----- DATA -----

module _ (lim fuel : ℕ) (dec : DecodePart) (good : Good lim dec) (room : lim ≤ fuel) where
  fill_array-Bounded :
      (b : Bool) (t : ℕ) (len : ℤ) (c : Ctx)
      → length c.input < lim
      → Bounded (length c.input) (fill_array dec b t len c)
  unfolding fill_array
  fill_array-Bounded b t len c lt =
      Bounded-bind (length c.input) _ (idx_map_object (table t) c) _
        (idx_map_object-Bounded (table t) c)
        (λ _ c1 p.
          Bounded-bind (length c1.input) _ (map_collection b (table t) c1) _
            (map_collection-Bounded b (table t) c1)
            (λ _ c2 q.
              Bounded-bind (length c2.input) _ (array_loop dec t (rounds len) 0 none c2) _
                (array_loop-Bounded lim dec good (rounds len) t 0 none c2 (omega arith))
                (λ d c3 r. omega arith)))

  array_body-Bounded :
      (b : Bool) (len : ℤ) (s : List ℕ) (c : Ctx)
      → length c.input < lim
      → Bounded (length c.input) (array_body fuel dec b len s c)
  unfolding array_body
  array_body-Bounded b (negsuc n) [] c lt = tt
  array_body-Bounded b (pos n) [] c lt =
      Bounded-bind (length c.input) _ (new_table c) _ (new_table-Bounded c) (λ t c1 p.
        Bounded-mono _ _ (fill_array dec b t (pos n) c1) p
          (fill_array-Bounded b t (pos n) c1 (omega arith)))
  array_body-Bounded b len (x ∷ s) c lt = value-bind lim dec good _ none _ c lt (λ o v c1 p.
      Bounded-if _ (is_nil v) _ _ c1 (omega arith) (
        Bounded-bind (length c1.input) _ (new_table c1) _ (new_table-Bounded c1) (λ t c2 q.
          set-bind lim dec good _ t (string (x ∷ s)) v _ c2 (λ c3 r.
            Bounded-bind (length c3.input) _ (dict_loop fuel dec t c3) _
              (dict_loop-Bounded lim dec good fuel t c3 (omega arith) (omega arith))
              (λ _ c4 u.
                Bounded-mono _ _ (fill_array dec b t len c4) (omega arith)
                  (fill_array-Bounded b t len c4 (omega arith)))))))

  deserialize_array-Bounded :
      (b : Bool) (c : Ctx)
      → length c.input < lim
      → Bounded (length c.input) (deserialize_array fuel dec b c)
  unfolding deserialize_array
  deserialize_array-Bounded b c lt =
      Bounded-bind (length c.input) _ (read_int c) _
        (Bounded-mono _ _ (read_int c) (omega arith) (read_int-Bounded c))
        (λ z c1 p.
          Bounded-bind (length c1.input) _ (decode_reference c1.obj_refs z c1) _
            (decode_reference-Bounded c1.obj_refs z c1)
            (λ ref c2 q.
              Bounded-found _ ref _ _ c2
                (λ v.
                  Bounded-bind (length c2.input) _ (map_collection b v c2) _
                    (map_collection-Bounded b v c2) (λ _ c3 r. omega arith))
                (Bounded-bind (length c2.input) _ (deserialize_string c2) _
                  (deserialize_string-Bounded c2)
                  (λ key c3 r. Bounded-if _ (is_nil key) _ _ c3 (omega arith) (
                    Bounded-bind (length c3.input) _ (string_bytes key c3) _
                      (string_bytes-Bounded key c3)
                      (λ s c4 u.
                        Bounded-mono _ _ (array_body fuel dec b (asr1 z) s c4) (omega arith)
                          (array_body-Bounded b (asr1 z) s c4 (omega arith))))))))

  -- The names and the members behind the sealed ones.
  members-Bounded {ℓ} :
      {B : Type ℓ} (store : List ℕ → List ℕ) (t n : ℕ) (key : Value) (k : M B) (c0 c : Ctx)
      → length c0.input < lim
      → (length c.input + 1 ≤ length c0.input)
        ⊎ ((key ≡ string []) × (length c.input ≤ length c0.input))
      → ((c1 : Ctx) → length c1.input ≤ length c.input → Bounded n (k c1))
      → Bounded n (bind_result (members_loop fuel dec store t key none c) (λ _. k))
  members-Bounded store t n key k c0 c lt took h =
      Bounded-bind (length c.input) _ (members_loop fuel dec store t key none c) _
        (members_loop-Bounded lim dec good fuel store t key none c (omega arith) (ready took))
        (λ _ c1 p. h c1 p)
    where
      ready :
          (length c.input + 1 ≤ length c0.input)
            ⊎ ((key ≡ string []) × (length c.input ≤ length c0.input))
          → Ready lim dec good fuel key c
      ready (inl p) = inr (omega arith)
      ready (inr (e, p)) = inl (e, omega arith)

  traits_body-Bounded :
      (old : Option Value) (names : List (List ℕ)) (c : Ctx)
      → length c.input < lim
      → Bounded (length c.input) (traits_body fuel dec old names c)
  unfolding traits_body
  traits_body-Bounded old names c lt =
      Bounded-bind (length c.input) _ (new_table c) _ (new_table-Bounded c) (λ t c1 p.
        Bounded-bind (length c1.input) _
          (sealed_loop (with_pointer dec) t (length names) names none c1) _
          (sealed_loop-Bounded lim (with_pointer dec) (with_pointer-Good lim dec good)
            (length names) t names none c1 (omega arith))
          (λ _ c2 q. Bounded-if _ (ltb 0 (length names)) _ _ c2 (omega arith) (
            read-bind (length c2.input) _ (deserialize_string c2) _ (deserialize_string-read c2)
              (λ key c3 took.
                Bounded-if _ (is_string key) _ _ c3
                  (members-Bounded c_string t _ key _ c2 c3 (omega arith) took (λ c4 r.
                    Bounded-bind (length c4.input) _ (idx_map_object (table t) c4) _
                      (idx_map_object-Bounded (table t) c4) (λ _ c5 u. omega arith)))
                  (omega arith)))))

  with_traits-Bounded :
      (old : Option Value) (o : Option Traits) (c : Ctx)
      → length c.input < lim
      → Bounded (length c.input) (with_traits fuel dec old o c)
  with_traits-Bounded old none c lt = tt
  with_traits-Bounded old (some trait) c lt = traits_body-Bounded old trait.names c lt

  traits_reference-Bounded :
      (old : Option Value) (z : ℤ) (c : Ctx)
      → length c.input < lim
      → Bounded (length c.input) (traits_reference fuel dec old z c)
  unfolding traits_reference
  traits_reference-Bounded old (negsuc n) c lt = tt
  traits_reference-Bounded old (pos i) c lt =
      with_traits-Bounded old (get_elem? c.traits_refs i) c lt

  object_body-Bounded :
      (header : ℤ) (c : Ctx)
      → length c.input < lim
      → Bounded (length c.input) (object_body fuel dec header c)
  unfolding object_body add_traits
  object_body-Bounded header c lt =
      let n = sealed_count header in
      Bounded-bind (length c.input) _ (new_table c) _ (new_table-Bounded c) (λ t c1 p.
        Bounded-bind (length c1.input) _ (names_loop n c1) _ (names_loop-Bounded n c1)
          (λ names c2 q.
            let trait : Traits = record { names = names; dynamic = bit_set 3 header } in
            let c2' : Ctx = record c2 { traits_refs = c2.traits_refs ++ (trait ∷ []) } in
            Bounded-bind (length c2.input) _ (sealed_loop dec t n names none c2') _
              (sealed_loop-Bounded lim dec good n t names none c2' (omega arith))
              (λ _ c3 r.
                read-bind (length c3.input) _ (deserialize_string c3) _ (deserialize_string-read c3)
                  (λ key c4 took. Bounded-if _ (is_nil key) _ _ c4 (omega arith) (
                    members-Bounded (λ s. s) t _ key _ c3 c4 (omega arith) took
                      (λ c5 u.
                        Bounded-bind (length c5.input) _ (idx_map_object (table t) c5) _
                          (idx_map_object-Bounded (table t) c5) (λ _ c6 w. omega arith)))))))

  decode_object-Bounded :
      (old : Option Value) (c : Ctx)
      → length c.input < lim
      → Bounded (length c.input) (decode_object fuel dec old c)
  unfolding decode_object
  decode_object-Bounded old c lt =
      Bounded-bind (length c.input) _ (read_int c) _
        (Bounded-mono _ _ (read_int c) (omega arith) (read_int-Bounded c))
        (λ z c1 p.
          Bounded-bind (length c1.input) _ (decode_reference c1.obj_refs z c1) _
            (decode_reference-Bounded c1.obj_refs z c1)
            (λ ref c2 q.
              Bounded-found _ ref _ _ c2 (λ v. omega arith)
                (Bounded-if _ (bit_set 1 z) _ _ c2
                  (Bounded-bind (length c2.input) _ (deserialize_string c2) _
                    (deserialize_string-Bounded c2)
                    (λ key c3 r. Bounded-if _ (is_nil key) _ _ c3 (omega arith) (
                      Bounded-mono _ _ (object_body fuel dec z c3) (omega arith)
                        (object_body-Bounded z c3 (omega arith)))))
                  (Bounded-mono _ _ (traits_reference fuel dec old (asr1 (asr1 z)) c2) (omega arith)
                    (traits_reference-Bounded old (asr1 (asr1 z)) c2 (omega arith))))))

-----
----- DATA -----

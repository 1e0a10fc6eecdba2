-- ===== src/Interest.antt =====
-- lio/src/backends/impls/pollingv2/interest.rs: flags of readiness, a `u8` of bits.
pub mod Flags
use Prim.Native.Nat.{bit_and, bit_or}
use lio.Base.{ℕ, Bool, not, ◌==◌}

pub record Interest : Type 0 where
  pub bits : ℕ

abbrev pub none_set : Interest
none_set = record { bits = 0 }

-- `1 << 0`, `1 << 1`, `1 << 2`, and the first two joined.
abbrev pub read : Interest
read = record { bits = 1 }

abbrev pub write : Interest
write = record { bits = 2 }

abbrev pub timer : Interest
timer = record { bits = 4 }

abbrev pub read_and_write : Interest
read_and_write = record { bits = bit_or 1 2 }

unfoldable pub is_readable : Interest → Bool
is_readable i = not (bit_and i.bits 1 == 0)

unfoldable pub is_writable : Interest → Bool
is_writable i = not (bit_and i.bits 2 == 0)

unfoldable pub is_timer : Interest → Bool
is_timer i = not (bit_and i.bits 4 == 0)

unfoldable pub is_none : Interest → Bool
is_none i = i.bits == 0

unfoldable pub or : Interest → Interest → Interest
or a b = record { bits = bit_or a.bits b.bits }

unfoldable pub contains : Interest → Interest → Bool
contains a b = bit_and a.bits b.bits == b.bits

-----

== PROBLEM REQUIREMENTS ==
Starting with the line with "traits_body-Bounded old names" above and going on through the line with "(sealed_loop (with_pointer dec)", transcribe every line exactly, both ends included, and add nothing.

== SOLVED PROBLEM ==
  traits_body-Bounded old names c lt =
      Bounded-bind (length c.input) _ (new_table c) _ (new_table-Bounded c) (λ t c1 p.
        Bounded-bind (length c1.input) _
          (sealed_loop (with_pointer dec) t (length names) names none c1) _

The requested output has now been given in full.